Instructions to follow :: Work out how many lines in these entries include the string "else", and give only that figure.

──────── Extracted records ────────

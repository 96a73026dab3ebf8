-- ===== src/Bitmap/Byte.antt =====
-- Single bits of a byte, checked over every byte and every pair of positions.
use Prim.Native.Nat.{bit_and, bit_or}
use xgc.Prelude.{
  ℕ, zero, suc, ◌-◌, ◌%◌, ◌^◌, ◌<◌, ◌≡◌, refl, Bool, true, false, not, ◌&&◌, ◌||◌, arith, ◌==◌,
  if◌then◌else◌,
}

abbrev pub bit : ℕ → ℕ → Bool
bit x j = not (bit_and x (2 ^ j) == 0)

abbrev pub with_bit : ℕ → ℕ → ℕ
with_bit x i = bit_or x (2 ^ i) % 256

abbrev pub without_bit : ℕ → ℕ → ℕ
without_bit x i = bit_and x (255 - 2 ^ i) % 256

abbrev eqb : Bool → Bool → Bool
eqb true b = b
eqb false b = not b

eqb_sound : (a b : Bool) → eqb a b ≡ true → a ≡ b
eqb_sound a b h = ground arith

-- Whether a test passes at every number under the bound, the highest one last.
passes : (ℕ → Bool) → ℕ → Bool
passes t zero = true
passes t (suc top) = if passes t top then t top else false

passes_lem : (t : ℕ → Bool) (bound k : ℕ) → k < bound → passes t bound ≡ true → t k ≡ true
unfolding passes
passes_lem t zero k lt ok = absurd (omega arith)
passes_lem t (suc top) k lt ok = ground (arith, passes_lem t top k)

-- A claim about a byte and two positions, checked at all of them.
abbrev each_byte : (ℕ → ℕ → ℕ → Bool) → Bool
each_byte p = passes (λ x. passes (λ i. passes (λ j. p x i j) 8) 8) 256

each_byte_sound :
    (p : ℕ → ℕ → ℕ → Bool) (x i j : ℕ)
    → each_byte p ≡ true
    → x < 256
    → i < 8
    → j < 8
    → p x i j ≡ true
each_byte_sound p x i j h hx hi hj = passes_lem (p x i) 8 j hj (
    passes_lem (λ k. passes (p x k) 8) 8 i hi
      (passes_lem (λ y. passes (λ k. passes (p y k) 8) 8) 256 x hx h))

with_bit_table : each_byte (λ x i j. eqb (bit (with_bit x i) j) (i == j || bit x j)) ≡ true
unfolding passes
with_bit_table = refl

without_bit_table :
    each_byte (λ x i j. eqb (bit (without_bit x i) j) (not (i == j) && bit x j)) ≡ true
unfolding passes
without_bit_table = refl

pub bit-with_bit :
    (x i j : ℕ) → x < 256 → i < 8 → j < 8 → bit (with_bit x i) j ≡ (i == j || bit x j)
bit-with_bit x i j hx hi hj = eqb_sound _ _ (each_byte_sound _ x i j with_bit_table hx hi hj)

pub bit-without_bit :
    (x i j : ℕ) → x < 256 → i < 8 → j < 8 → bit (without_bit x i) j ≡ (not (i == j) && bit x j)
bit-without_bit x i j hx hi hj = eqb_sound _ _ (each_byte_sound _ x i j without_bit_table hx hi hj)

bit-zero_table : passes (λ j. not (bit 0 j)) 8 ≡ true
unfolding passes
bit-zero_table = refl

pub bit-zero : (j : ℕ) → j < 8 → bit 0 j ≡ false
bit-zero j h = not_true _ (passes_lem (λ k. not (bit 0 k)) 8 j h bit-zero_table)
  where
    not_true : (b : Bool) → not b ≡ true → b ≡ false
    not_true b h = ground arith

────────
──────── Extracted records ────────

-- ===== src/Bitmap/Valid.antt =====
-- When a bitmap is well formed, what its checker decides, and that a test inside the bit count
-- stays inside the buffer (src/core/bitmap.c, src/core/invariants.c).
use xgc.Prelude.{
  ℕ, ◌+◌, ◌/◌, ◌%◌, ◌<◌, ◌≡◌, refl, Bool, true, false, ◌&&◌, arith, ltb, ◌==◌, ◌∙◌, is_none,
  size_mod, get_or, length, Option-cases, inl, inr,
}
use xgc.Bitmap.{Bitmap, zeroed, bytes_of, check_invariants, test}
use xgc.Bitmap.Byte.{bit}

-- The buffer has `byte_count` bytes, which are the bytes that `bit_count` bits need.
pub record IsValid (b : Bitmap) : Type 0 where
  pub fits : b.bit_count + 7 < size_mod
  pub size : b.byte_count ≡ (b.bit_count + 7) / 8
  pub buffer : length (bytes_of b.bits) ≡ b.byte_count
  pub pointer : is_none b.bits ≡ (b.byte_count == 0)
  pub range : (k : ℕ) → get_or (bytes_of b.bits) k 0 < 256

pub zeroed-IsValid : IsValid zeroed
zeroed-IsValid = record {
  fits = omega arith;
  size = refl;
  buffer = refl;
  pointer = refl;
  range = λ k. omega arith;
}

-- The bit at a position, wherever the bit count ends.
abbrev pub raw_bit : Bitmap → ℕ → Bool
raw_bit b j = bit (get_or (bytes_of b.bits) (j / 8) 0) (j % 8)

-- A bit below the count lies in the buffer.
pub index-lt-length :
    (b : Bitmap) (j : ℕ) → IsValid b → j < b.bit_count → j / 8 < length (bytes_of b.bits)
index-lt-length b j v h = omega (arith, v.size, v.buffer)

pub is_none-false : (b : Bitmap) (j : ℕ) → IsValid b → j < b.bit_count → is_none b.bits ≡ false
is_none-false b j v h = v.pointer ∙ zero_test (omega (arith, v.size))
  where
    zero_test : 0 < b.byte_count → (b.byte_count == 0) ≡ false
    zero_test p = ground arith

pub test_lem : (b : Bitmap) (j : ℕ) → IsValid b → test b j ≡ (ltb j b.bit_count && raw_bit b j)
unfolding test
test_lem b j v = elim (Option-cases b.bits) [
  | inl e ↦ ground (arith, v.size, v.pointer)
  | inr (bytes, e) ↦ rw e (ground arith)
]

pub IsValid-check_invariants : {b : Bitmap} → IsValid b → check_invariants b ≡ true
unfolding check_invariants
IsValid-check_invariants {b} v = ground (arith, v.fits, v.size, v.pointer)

────────

Solution to the problem :: 2